[Dataset entries]
┏━━
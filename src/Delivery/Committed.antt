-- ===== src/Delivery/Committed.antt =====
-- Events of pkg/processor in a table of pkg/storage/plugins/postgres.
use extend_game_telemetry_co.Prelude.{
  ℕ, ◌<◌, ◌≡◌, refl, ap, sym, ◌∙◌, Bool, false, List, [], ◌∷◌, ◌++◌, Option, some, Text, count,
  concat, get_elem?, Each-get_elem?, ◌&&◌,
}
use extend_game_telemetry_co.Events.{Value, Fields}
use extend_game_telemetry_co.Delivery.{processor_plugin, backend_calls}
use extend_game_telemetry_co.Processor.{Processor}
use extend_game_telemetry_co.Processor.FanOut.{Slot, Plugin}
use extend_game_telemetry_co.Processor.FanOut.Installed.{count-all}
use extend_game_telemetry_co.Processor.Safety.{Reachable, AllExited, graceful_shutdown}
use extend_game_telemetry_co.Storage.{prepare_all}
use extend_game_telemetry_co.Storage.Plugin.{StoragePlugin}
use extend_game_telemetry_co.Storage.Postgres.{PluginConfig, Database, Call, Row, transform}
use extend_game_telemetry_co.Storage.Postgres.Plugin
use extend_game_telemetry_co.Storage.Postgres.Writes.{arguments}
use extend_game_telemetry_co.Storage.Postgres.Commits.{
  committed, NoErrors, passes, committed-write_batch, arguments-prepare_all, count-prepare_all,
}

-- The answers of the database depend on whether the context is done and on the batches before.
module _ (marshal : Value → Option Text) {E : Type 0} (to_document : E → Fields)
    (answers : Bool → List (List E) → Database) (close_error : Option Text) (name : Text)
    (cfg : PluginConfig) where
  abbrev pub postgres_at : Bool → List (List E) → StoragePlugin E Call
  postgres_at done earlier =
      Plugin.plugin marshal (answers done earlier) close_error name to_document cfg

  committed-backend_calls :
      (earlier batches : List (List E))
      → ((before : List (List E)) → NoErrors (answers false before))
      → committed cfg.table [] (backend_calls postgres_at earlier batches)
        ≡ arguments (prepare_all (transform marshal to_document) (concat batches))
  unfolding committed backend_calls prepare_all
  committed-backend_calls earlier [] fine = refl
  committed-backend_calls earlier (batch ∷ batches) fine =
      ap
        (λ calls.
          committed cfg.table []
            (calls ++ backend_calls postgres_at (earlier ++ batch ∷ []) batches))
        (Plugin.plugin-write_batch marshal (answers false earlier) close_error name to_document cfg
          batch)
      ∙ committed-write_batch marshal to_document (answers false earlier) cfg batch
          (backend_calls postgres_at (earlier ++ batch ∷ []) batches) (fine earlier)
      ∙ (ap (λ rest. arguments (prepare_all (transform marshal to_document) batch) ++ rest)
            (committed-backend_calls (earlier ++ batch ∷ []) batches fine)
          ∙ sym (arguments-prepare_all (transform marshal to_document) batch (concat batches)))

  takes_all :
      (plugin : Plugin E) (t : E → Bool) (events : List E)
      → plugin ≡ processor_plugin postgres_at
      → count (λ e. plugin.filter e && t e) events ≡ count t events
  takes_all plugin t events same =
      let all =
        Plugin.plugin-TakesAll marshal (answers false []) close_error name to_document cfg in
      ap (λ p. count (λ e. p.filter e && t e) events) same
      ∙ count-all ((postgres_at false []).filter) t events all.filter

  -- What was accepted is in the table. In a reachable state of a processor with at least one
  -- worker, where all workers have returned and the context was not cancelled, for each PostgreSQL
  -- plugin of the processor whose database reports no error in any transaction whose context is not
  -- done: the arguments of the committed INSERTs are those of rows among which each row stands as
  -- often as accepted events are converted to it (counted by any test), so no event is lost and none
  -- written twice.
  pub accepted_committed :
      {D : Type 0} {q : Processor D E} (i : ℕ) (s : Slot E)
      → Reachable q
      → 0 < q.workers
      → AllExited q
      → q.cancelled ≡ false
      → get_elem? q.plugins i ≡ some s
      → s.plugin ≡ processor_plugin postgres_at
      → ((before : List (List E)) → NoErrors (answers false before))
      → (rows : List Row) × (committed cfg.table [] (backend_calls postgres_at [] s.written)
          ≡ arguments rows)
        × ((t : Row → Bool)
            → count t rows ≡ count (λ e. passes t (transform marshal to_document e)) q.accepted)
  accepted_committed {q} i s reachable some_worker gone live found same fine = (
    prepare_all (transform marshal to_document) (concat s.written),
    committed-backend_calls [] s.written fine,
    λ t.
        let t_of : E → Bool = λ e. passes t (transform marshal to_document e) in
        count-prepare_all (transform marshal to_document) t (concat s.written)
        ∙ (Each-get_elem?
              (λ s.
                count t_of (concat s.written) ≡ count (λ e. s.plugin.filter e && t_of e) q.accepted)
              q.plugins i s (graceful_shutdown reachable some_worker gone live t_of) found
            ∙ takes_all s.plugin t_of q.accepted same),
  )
┗━━
┏━━
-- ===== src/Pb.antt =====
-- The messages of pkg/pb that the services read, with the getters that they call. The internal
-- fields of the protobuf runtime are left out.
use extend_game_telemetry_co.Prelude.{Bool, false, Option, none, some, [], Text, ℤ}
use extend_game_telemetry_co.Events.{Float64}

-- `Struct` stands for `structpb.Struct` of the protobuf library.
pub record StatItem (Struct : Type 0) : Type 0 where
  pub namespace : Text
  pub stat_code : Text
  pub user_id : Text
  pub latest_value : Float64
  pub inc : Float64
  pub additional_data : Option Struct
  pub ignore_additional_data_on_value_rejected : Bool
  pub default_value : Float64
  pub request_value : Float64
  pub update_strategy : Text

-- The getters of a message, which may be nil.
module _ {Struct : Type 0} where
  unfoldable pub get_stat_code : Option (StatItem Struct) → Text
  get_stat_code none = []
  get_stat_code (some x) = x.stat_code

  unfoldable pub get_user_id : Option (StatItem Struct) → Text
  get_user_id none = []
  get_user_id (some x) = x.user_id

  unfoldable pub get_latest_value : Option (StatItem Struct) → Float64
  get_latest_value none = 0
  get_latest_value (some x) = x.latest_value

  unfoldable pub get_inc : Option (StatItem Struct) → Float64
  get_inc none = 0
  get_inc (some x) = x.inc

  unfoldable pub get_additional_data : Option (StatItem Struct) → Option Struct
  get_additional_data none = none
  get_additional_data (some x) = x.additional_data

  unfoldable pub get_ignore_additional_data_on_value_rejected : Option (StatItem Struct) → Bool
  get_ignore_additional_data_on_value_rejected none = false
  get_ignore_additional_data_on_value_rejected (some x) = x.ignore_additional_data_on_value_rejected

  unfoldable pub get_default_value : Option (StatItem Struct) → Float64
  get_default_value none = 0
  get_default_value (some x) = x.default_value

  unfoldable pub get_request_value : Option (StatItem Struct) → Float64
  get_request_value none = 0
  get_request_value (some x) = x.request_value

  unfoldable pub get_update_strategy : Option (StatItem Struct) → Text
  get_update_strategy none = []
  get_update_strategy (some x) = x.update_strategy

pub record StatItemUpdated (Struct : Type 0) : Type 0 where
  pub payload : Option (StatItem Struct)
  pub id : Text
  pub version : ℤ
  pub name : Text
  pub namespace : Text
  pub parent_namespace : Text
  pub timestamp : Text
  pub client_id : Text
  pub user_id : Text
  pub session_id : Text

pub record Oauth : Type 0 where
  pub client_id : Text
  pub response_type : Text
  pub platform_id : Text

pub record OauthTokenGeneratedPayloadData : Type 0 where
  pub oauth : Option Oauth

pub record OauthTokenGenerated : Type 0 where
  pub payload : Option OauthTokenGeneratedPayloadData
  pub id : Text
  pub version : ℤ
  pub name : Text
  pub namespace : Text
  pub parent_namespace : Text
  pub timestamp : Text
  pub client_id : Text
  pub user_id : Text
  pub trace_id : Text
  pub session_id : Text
┗━━
### Exercise:
Return the lines of the records that include the string "context".

### Result of the task:
-- The answers of the database depend on whether the context is done and on the batches before.
  -- worker, where all workers have returned and the context was not cancelled, for each PostgreSQL
  -- plugin of the processor whose database reports no error in any transaction whose context is not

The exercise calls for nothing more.